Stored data
::::::::
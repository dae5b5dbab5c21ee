-- ===== src/Dial/Addresses.antt =====
-- connect_dial.go, `dialTCPAddresses`: the race over a fixed list of addresses, as interleaved steps.
-- Times are milliseconds. `E` is the type of the errors, with `errTCPDialFailed` and
-- `context.Canceled` among them.
pub mod Soundness
pub mod Outcomes
mod Tests
use forwardproxy.Base.{
  ℕ, ◌+◌, ◌-◌, Bool, true, false, ◌&&◌, List, [], ◌∷◌, ◌++◌, Option, none, some, Bytes, leb, ◌==◌,
  if◌then◌else◌,
}
use forwardproxy.Dial.Incremental.{fallback_delay, minimum_delay, or_canceled}
use forwardproxy.Dial.Interleave.{Network, interleave_tcp_addresses}
use forwardproxy.Dial.Pool.{
  Pool, Result, close_conn, dial_ends, drop_attempt, empty_pool, failed, launch, made, offered,
  take_result,
}
use forwardproxy.Std.Net.{IpText}
use Prim.Native.Nat.{max}

pub data Ended (E : Type 0) : Type 0 where
  won : ℕ → Ended E
  -- The last dial error; `errTCPDialFailed` where there is no address at all.
  gave_up : E → Ended E
  nothing_to_dial : E → Ended E
  context_ended : E → Ended E

pub data Place (E : Type 0) : Type 0 where
  choosing : Place E
  returned : Ended E → Place E

pub record Call (E : Type 0) : Type 0 where
  -- `addresses[next:]`, and those that have been started, in order.
  pub waiting : List Bytes
  pub started : List Bytes
  pub pool : Pool E
  pub place : Place E
  pub clock : ℕ
  pub context_error : Option E
  pub pending : ℕ
  pub last_start : ℕ
  -- When the timer fires, `none` where it has.
  pub timer : Option ℕ

pub data Action (E : Type 0) : Type 0 where
  passes : ℕ → Action E
  cancels : E → Action E
  -- An attempt's dial returns; an attempt meets the context's end.
  ends_dial : ℕ → Option ℕ → Option E → Option E → Action E
  drops : ℕ → Action E
  -- The cases of the select; the timer's with the time up to the start.
  sees_end : Action E
  receives : ℕ → Action E
  fires : ℕ → Action E

module _ {E : Type 0} where
  -- The return: the deferred `cancel` ends the context that the attempts share.
  pub finish : E → Ended E → Call E → Call E
  finish canceled out r = record r {
    place = returned out;
    context_error = or_canceled canceled r.context_error;
  }

  launch_first : Bytes → List Bytes → ℕ → Call E → Call E
  launch_first address rest now r = record r {
    waiting = rest;
    started = r.started ++ address ∷ [];
    pool = launch r.pool;
    clock = now;
    pending = r.pending + 1;
    last_start = now;
    timer = some (now + fallback_delay);
  }

  -- A start, which the end of the context prevents.
  pub start_if : E → Option E → Bytes → List Bytes → ℕ → Call E → Call E
  unfolding launch_first finish
  start_if canceled none address rest now r = launch_first address rest now r
  start_if canceled (some e) address rest now r = finish canceled (context_ended e) r

  fresh : Option E → List Bytes → Call E
  fresh context_error addresses = record {
    waiting = addresses;
    started = [];
    pool = empty_pool;
    place = choosing;
    clock = 0;
    context_error = context_error;
    pending = 0;
    last_start = 0;
    timer = none;
  }

  -- Up to the loop.
  opened_with : E → E → Option E → List Bytes → Call E
  unfolding start_if fresh
  opened_with unconnected canceled context_error [] = record (fresh context_error []) {
    place = returned (nothing_to_dial unconnected);
  }
  opened_with unconnected canceled context_error (a ∷ addresses) =
      start_if canceled context_error a addresses 0 (fresh context_error (a ∷ addresses))

  receive_made : E → ℕ → Option E → Call E → Call E
  unfolding finish
  receive_made canceled c none r = finish canceled (won c) r
  receive_made canceled c (some e) r =
      finish canceled (context_ended e) (record r { pool = close_conn c r.pool })

  -- A failed result: the end with the last one, or a shorter wait for the next start.
  receive_failed : E → E → List Bytes → Call E → Call E
  unfolding finish
  receive_failed canceled e [] r = if r.pending == 0 then finish canceled (gave_up e) r else r
  receive_failed canceled e (a ∷ rest) r = record r {
    timer = some (max r.clock (r.last_start + minimum_delay));
  }

  receive : E → ℕ → Option (Result E) → Call E → Call E
  unfolding receive_made receive_failed
  receive canceled i none r = r
  receive canceled i (some (made c)) r =
      receive_made canceled c r.context_error
        (record r { pool = take_result i r.pool; pending = r.pending - 1 })
  receive canceled i (some (failed e)) r =
      receive_failed canceled e r.waiting
        (record r { pool = take_result i r.pool; pending = r.pending - 1 })

  see_end : E → Option E → Call E → Call E
  unfolding finish
  see_end canceled none r = r
  see_end canceled (some e) r = finish canceled (context_ended e) r

  start_next : E → ℕ → List Bytes → Call E → Call E
  unfolding start_if
  start_next canceled delay [] r = record r { timer = none }
  start_next canceled delay (a ∷ rest) r =
      start_if canceled r.context_error a rest (r.clock + delay) r

  fire : E → ℕ → Option ℕ → Call E → Call E
  unfolding start_next
  fire canceled delay none r = r
  fire canceled delay (some t) r =
      if leb t r.clock then start_next canceled delay r.waiting r else r

  drop_if : ℕ → Option E → Call E → Call E
  drop_if i none r = r
  drop_if i (some e) r = record r { pool = drop_attempt i r.pool }

  pub at_choosing : Place E → Call E → Call E → Call E
  at_choosing choosing next r = next
  at_choosing (returned out) next r = r

  module _ (unconnected canceled : E) where
    unfoldable pub step : Call E → Action E → Call E
    unfolding receive see_end fire drop_if at_choosing
    step r (passes d) = record r { clock = r.clock + d }
    step r (cancels e) = record r { context_error = or_canceled e r.context_error }
    step r (ends_dial i conn err attempt_err) = record r {
      pool = dial_ends unconnected i conn err attempt_err r.pool;
    }
    step r (drops i) = drop_if i r.context_error r
    step r sees_end = at_choosing r.place (see_end canceled r.context_error r) r
    step r (receives i) = at_choosing r.place (receive canceled i (offered i r.pool) r) r
    step r (fires delay) = at_choosing r.place (fire canceled delay r.timer r) r

    unfoldable pub run : Call E → List (Action E) → Call E
    unfolding step
    run r [] = r
    run r (a ∷ actions) = run (step r a) actions

    -- A call of `dialTCPAddresses`, with the steps that follow it.
    unfoldable pub dial_tcp_addresses :
        IpText → Network → Option E → List Bytes → List (Action E) → Call E
    unfolding run opened_with
    dial_tcp_addresses text network context_error addresses actions =
        run
          (opened_with unconnected canceled context_error
            (interleave_tcp_addresses text network addresses))
          actions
::::::::
Task brief: Write out only those lines that fall between the one containing "step r (fires" and the end of the entries, the first and last included, exactly as they read.

Written answer:
    step r (fires delay) = at_choosing r.place (fire canceled delay r.timer r) r

    unfoldable pub run : Call E → List (Action E) → Call E
    unfolding step
    run r [] = r
    run r (a ∷ actions) = run (step r a) actions

    -- A call of `dialTCPAddresses`, with the steps that follow it.
    unfoldable pub dial_tcp_addresses :
        IpText → Network → Option E → List Bytes → List (Action E) → Call E
    unfolding run opened_with
    dial_tcp_addresses text network context_error addresses actions =
        run
          (opened_with unconnected canceled context_error
            (interleave_tcp_addresses text network addresses))
          actions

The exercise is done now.